IN CELLA MI TORTURANO
Le foto shock di Roberto Berardi

berardi foto shockLATINA – «Sono in cella di isolamento senza vedere luce e ricevo bastonate e frustate. La pressione è fortissima, spero di riuscire a resistere almeno per potere rivedere i miei figli». E’ ridotto pelle e ossa e porta i segni delle frustrate sulla schiena, irriconoscibile dopo un anno di detenzione nelle carceri lager della Guinea Equatoriale l’imprenditore edile di Latina Roberto Berardi, 50 anni,  accusato di truffa e appropriazione indebita dopo quello che i familiari denunciano sia stato un processo-farsa.  Berardi è riuscito ad inviare alcune immagini scioccanti che lo ritraggono in cella, ma anche una testimonianza audio – diffusa in serata dal Tg1 – dove afferma di avere subito delle torture. La storia ricostruita dai familiari è quella che abbiamo raccontato altre volte:  l’imprenditore era in  società con Teodorin Obiang, figlio del presidente della Guinea Equatoriale. Ma dopo la scoperta di alcune strane operazioni sul conto corrente dell’impresa aveva chiesto spiegazioni. E’ bastato questo a scatenare la reazione del socio: prelevato da casa, accusato di frode fiscale e sbattuto in carcere Berardi rischia ora di non uscire vivo da questa assurda avventura

L’odissea dell’italiano è stata denunciata anche dal presidente della Commissione per la tutela dei Diritti umani Luigi Manconi (Pd), che ha annunciato di avere «presentato un’interrogazione urgente al ministro degli Esteri a proposito di uno dei tremila nostri connazionali detenuti all’estero, spesso in condizioni disumane».

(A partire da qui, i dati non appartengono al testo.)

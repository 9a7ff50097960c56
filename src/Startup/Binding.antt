-- ===== src/Startup/Binding.antt =====
-- Which port the program ends up on.
use mybro.Prelude.{ℕ, zero, suc, ◌+◌, ◌*◌, ◌^◌, ◌<◌, ◌≡◌, refl, sym, ap, ◌∙◌, String, arith}
use mybro.Startup.{
  Bound, listening, in_use, Addr, host_port, at, next_port, bind_from, bind_with_retry,
}

module _ (attempt : ℕ → Addr → Bound) (host : String) where
  -- Four calls on a port that is in use lead to the next port.
  four_calls :
      (port fuel n : ℕ)
      → ((m : ℕ) → attempt m (host_port host port) ≡ in_use)
      → bind_from attempt (suc (suc (suc (suc fuel)))) n (host_port host port) 0
        ≡ bind_from attempt fuel (n + 1 + 1 + 1 + 1) (host_port host (next_port port)) 0
  unfolding bind_from
  four_calls port fuel n busy =
      rw (bind_from, busy n, busy (n + 1), busy (n + 1 + 1), busy (n + 1 + 1 + 1)) refl

  bind_from-busy :
      (k port fuel n : ℕ)
      → port + k < 2 ^ 16
      → 4 * k < fuel
      → ((m i : ℕ) → i < k → attempt m (host_port host (port + i)) ≡ in_use)
      → ((m : ℕ) → attempt m (host_port host (port + k)) ≡ listening)
      → bind_from attempt fuel n (host_port host port) 0 ≡ at (host_port host (port + k))
  unfolding bind_from
  bind_from-busy zero port zero n small enough busy free = absurd (omega arith)
  bind_from-busy zero port (suc fuel) n small enough busy free =
      let e : port + 0 ≡ port = omega arith in
      let here : attempt n (host_port host port) ≡ listening =
        ap (λ q. attempt n (host_port host q)) (sym e) ∙ free n in
      rw (bind_from, here) (ap (λ q. at (host_port host q)) (sym e))
  bind_from-busy (suc k) port (suc (suc (suc (suc fuel)))) n small enough busy free =
      let zero_at : port + 0 ≡ port = omega arith in
      let next : next_port port ≡ port + 1 = omega arith in
      let step : (i : ℕ) → port + suc i ≡ port + 1 + i = λ i. omega arith in
      four_calls port fuel n
        (λ m. ap (λ q. attempt m (host_port host q)) (sym zero_at) ∙ busy m 0 (omega arith))
      ∙ ap (λ q. bind_from attempt fuel (n + 1 + 1 + 1 + 1) (host_port host q) 0) next
      ∙ bind_from-busy k (port + 1) fuel (n + 1 + 1 + 1 + 1) (omega arith) (omega arith)
          (λ m i lt.
            ap (λ q. attempt m (host_port host q)) (sym (step i)) ∙ busy m (suc i) (omega arith))
          (λ m. ap (λ q. attempt m (host_port host q)) (sym (step k)) ∙ free m)
      ∙ ap (λ q. at (host_port host q)) (sym (step k))
  bind_from-busy (suc k) port zero n small enough busy free = absurd (omega arith)
  bind_from-busy (suc k) port (suc zero) n small enough busy free = absurd (omega arith)
  bind_from-busy (suc k) port (suc (suc zero)) n small enough busy free = absurd (omega arith)
  bind_from-busy (suc k) port (suc (suc (suc zero))) n small enough busy free = absurd (omega arith)

  -- Where the first k ports from the configured one on stay in use and the next one is free, and all of them
  -- are below 2^16, at most four calls for each used port and one more lead to the first free port.
  pub bind_with_retry-free :
      (k port fuel : ℕ)
      → port + k < 2 ^ 16
      → 4 * k < fuel
      → ((m i : ℕ) → i < k → attempt m (host_port host (port + i)) ≡ in_use)
      → ((m : ℕ) → attempt m (host_port host (port + k)) ≡ listening)
      → bind_with_retry attempt fuel (host_port host port) ≡ at (host_port host (port + k))
  unfolding bind_with_retry
  bind_with_retry-free k port fuel small enough busy free =
      bind_from-busy k port fuel 0 small enough busy free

COMUNE – Una nuova, decisiva mobilitazione a favore di Roberto Berardi: e soprattutto fare presto. E’ quanto chiede il sindaco di Latina, Giovanni Di Giorgi, che rinnova la solidarietà e il sostegno per la liberazione dell’imprenditore di Latina detenuto da circa un anno nelle carceri della Guinea Equatoriale, accusato di furto e sottoposto a crudeli e degradanti trattamenti adesso testimoniati anche da diverse immagini diffuse dai media nazionali in queste ultime ore.
Il sindaco aveva già chiesto l’intervento del Governo con una lettera congiunta con il Presidente della Provincia Salvatore De Monaco ottenendo rassicurazioni dal Ministro degli Esteri, Emma Bonino, che aveva garantito l’attuazione di diverse operazioni indirizzate alla liberazione di Berardi.
“Le immagini diffuse in queste ore dai media nazionali non possono passare inosservate e sono la prova che il nostro concittadino è vittima di soprusi e violenze inaccettabili adesso davanti gli occhi dell’intero Paese – afferma il Sindaco Di Giorgi – La vicenda del nostro concittadino assume ogni giorno di più toni altamente drammatici e non c’è tempo da perdere. In tal senso sollecito nuovamente il Governo italiano e tutto le istituzioni interessate a produrre il massimo sforzo per evitare che Roberto Berardi continui a subire maltrattamenti e condizioni di detenzione disumane. Rinnovo la disponibilità del Comune di Latina a sostenere iniziative che possano consentire la liberazione di Berardi nella speranza di riaverlo presto a casa”.